(Extracted information)

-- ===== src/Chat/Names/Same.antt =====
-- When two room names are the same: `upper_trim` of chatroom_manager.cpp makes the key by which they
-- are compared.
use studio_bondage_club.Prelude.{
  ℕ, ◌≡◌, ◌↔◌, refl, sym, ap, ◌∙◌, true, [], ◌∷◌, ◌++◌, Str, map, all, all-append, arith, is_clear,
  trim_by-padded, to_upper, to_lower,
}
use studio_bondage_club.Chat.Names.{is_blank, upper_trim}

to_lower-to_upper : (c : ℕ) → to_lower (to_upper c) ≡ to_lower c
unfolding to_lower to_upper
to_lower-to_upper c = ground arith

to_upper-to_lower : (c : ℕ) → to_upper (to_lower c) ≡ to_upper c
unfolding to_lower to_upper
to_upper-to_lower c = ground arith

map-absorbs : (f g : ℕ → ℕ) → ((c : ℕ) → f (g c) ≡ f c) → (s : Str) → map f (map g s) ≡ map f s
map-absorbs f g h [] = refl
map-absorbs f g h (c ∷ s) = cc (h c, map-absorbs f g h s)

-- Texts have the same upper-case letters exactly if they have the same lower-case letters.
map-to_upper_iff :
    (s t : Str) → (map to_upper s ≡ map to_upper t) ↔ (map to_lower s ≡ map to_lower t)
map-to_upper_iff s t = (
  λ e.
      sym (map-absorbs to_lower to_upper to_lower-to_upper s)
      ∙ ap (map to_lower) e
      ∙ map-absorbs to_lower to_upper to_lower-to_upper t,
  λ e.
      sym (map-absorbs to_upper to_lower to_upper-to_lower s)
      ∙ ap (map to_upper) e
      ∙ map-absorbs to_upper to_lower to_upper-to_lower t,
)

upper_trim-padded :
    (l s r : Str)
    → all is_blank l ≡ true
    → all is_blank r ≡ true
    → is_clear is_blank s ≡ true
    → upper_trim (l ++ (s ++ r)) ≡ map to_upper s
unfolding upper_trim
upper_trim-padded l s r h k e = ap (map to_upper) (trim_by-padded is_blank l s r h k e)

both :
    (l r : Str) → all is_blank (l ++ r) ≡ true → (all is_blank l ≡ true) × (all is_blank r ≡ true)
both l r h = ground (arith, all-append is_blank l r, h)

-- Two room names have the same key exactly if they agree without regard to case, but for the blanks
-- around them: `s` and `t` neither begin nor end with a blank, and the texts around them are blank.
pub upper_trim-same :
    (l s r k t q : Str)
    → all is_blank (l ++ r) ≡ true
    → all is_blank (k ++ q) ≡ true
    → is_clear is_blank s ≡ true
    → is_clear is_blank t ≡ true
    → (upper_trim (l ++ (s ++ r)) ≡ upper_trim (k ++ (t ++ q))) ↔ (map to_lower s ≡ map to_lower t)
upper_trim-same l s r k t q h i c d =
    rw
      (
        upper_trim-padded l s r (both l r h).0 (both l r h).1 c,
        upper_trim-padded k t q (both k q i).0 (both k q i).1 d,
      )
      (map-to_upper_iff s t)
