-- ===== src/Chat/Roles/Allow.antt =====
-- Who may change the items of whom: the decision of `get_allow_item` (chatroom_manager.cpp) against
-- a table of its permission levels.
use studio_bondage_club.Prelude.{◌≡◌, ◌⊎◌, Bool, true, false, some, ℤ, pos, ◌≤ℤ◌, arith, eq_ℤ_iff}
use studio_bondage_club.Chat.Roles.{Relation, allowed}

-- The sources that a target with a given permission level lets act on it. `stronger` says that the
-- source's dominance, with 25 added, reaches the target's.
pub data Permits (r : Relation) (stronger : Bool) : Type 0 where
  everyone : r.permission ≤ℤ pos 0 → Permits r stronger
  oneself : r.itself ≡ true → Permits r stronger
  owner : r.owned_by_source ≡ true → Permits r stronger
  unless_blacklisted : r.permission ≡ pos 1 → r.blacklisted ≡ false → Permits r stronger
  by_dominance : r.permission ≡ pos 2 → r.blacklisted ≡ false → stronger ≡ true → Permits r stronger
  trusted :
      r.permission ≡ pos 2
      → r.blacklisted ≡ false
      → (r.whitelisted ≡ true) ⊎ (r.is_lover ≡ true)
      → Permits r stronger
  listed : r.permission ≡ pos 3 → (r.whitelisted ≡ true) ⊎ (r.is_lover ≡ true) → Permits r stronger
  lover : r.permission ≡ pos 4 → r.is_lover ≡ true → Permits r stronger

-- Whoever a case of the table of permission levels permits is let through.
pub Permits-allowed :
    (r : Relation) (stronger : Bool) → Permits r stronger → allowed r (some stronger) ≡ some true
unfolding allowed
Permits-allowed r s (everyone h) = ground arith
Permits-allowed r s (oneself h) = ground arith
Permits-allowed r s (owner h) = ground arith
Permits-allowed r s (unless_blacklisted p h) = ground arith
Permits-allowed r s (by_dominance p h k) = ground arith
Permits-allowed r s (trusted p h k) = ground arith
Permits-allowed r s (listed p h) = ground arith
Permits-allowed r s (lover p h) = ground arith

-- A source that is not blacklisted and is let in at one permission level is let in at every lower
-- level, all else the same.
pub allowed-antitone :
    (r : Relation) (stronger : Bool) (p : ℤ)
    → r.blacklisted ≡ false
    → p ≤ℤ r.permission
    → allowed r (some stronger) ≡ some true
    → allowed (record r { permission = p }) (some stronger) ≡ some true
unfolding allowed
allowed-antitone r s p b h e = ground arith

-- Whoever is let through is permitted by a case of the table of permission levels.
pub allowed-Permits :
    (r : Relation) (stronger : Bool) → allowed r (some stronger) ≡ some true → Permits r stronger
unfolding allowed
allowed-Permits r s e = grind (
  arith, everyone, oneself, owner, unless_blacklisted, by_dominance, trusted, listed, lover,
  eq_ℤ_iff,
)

(End Extracted information)

*Aim of the exercise:* Write only the number of lines in the material above where the string "levels" occurs.

*Worked solution:* 3